Marge, my neighbor, was the person to find Toofine for sale. When we drove to look at him, I did not want him. He was very green, very snorty, and very not what I was looking for. I wanted to join my friends in 4-h, and be able to compete, not be stuck with another horse that wasn't ready for the show ring. We left, and when I got home, I told my parents that I wanted to keep looking. I was given a deadline to decide on this horse, and the final night that I could've decided I wanted him, I decided I did. I was tired of being horseless, so I wanted to see where this decision would take me, and at the time, I had no idea.










The first year with Toofine was incredibly hard. He was only ever really broken-out and trail ridden occasionally for the first 9 years of his life. In the first few weeks of owning him, I stuck to the round pen, so we really only walked and trotted. Once we brought him out to the bigger arena, it was discovered that he had no idea how to canter, and that I had bought something that was just as suitable for the show ring as my previous horse. A year of basic riding later, I joined a 4-h club, and began competing...or trying to.

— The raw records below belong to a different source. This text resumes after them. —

-- ===== src/Runtime/Server.antt =====
-- internal/runtime/daemon/src/server/: the state of the runtime daemon and the operations that its
-- handlers share, over the table of lifecycles (internal/runtime/store/src/postgres/lifecycle.rs).
-- An operation runs without interleaving. What the environment answers to the n-th question that
-- the daemon asks (a database call, a probe, a clock) is a function of n in `Env`; `clock` counts
-- the questions.
pub mod Termination
pub mod Spawn
pub mod Reconcile
pub mod Ops
pub mod Rows
pub mod Once
pub mod Stable
pub mod Conflict
mod Tests
use littleorgans.Base.{
  ℕ, ◌+◌, ◌≡◌, Bool, true, false, not, ◌&&◌, Option, none, some, List, [], ◌∷◌, ◌++◌, ◌==◌,
  if◌then◌else◌, contains, insert, erase, lookup, keep,
}
use littleorgans.Base.Exec.{Result, ok, err}
use littleorgans.Base.Action.{Action, pure, raise, lift, gets, modify, unless, ◌>>=◌, ◌>>◌}
use littleorgans.Runtime.Lifecycle.{
  Lifecycle, LifecycleState, RuntimeEvent, TmuxAddress, TerminationEvidence, LostEvidence,
  LogAvailability, is_forking, shim_exit, process_exit, headless, tmux_pane_snapshot, unavailable,
  pane_unavailable,
}
use littleorgans.Runtime.Failure.{Failure, store, missing_pid, missing_start_time, probe, clock}
use littleorgans.Runtime.EventLog.{EventLog, EventLogEntry, AppendIo, append}

-- `ProcessStartTime`, or the error of the probe.
pub data StartTime : Type 0 where
  known : ℕ → StartTime
  gone unsupported probe_failed : StartTime

pub record Env : Type 0 where
  pub db_ok : ℕ → Bool
  pub append_io : ℕ → AppendIo
  pub timestamp_ms : ℕ → Option ℕ
  pub pid_alive : ℕ → ℕ → Bool
  pub start_time_for_pid : ℕ → ℕ → StartTime
  -- `none`: the probe failed.
  pub tmux_alive : ℕ → TmuxAddress → Option Bool
  pub docker_running : ℕ → ℕ → Option Bool
  pub watch_ok : ℕ → Bool
  pub receiver_waits : ℕ → Bool
  pub log_paths : ℕ → LogAvailability
  pub encode : EventLogEntry → List ℕ

-- A launch spec is an opaque number.
pub record ServerState : Type 0 where
  pub lifecycles : List Lifecycle
  pub log : EventLog
  pub terminated_events : List ℕ
  pub exit_watchers : List ℕ
  pub pending_launches : List (ℕ × ℕ)
  pub pending_ready : List ℕ
  pub shim_pids : List (ℕ × ℕ)
  pub last_probe_sweep : Option ℕ
  pub clock : ℕ

abbrev pub Handler : Type 0 → Type 0
Handler A = Action Failure ServerState A

unfoldable pub ask : {A : Type 0} → (ℕ → A) → Handler A
ask f s = (ok (f s.clock), record s { clock = s.clock + 1 })

-- The table of lifecycles, one row for a session id, in the order of the inserts.
unfoldable pub find_row : ℕ → List Lifecycle → Option Lifecycle
find_row i [] = none
find_row i (l ∷ ls) = if l.session_id == i then some l else find_row i ls

-- `log_availability` is not a column.
abbrev pub row_of : Lifecycle → Lifecycle
row_of l = record l { log_availability = none }

unfoldable pub set_row : Lifecycle → List Lifecycle → List Lifecycle
set_row l [] = []
set_row l (m ∷ ms) =
    if m.session_id == l.session_id then row_of l ∷ set_row l ms else m ∷ set_row l ms

unfoldable pub drop_row : ℕ → List Lifecycle → List Lifecycle
drop_row i [] = []
drop_row i (m ∷ ms) = if m.session_id == i then drop_row i ms else m ∷ drop_row i ms

abbrev pub is_running : LifecycleState → Bool
is_running LifecycleState.running = true
is_running _ = false

abbrev pub has_row : Option Lifecycle → Bool
has_row none = false
has_row (some _) = true

module _ (env : Env) where
  -- One call of the database.
  unfoldable pub query : Handler (Unit {0})
  query s = ((if env.db_ok s.clock then ok tt else err store), record s { clock = s.clock + 1 })

  unfoldable pub store_get : ℕ → Handler (Option Lifecycle)
  store_get i = do query; gets (λ s. find_row i s.lifecycles)

  -- An insert violates the primary key where the row is there.
  unfoldable pub store_insert_forking : Lifecycle → Handler (Unit {0})
  store_insert_forking l = do
    unless (is_forking l.state) store
    query
    rows ← gets (λ s. s.lifecycles)
    unless (not (has_row (find_row l.session_id rows))) store
    modify (λ s. record s { lifecycles = s.lifecycles ++ row_of l ∷ [] })

  -- An update of no row is an error.
  unfoldable pub store_update_lifecycle : Lifecycle → Handler (Unit {0})
  store_update_lifecycle l = do
    query
    rows ← gets (λ s. s.lifecycles)
    unless (has_row (find_row l.session_id rows)) store
    modify (λ s. record s { lifecycles = set_row l s.lifecycles })

  unfoldable pub store_delete : ℕ → Handler (Unit {0})
  store_delete i = do query; modify (λ s. record s { lifecycles = drop_row i s.lifecycles })

  unfoldable pub store_running : Handler (List Lifecycle)
  store_running = do query; gets (λ s. keep (λ l. is_running l.state) s.lifecycles)

  unfoldable pub record_probe_sweep : Handler (Unit {0})
  record_probe_sweep = do query; modify (λ s. record s { last_probe_sweep = some s.clock })

  -- `append_event`: an append to the event log, with the log's own failures.
  unfoldable pub append_event : RuntimeEvent → Handler RuntimeEvent
  append_event event s =
      let (r, log) =
        append env.encode (env.append_io s.clock) (env.timestamp_ms s.clock) event s.log in
      (r, record s { log = log; clock = s.clock + 1 })

  -- `start_exit_watcher`: at most one watcher for a session.
  unfoldable pub start_exit_watcher : ℕ → Handler (Unit {0})
  start_exit_watcher i s =
      if contains i s.exit_watchers
      then (ok tt, s)
      else if env.watch_ok s.clock
      then (ok tt, record s { exit_watchers = i ∷ s.exit_watchers; clock = s.clock + 1 })
      else (err probe, record s { clock = s.clock + 1 })

  abbrev available : Option Bool → LogAvailability
  available (some true) = tmux_pane_snapshot
  available (some false) = unavailable pane_unavailable
  available none = unavailable pane_unavailable

  -- `populate_log_availability`.
  abbrev pub availability : Option TmuxAddress → ℕ → ℕ → LogAvailability
  availability none i n = env.log_paths i
  availability (some address) i n = available (env.tmux_alive n address)

without : ℕ → List ℕ → List ℕ
without i [] = []
without i (j ∷ js) = if j == i then without i js else j ∷ without i js

unfoldable pub remove_watcher : ℕ → Handler (Unit {0})
unfolding without
remove_watcher i = modify (λ s. record s { exit_watchers = without i s.exit_watchers })

unfoldable pub take_ready : ℕ → Handler Bool
unfolding without
take_ready i s =
    (ok (contains i s.pending_ready), record s { pending_ready = without i s.pending_ready })

unfoldable pub track_shim : ℕ → ℕ → Handler (Unit {0})
track_shim i pid = modify (λ s. record s { shim_pids = insert i pid s.shim_pids })

unfoldable pub forget_shim : ℕ → ServerState → ServerState
forget_shim i s = record s { shim_pids = erase i s.shim_pids }

-- event_channel.rs
unfoldable pub running_event : Lifecycle → Result Failure RuntimeEvent
running_event l = elim l.runtime_pid [
  | none ↦ err missing_pid
  | some pid ↦ elim l.start_time [
    | none ↦ err missing_start_time
    | some t ↦ ok (RuntimeEvent.running l.session_id pid t)
  ]
]

unfoldable pub terminated_event : Lifecycle → TerminationEvidence → RuntimeEvent
terminated_event l evidence = elim l.state [
  | LifecycleState.exited exit ↦ RuntimeEvent.terminated l.session_id exit.code exit.signal evidence
  | _ ↦ RuntimeEvent.terminated l.session_id none none evidence
]

unfoldable pub lost_event : Lifecycle → LostEvidence → RuntimeEvent
lost_event l evidence = RuntimeEvent.lost l.session_id evidence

Toofine had zero experience in the show ring, and it showed. He would dance in the show ring, and yell for any horse that would listen. He would get distracted by the surroundings, decide to completely shut down, and do whatever he pleased. I was absolutely heart-broken at every single show. Sometimes my parents had to come into the arena to get him because I had no control and would be in tears. All of my friends had perfectly trained show horses, and I was stuck with a horse that knew nothing. The first year or two of showing Toofine was the same, but eventually, we began figuring each other out.










And after the first couple of years with Toofine, he started to show me how amazing of a horse he truly was. One weekend we could be winning in the English ring, and the next weekend we could be sweeping at a Speed show. He kept me safe doing absolutely anything that my heart wanted, and he would give me all of the heart he had to do so. This horse that seemed to be a mistake, become everything but that. Toofine became my heart horse.


----------



## Kalraii (Jul 28, 2015)

Love it. Subbing. Your journal makes me realise I should take more pictures. I never think to.. I rarely have my phone with me. But it's really nice to be able to SEE your story too!


----------



## ClearDonkey (Nov 27, 2016)

Kalraii said:


> Love it. Subbing. Your journal makes me realise I should take more pictures. I never think to.. I rarely have my phone with me. But it's really nice to be able to SEE your story too!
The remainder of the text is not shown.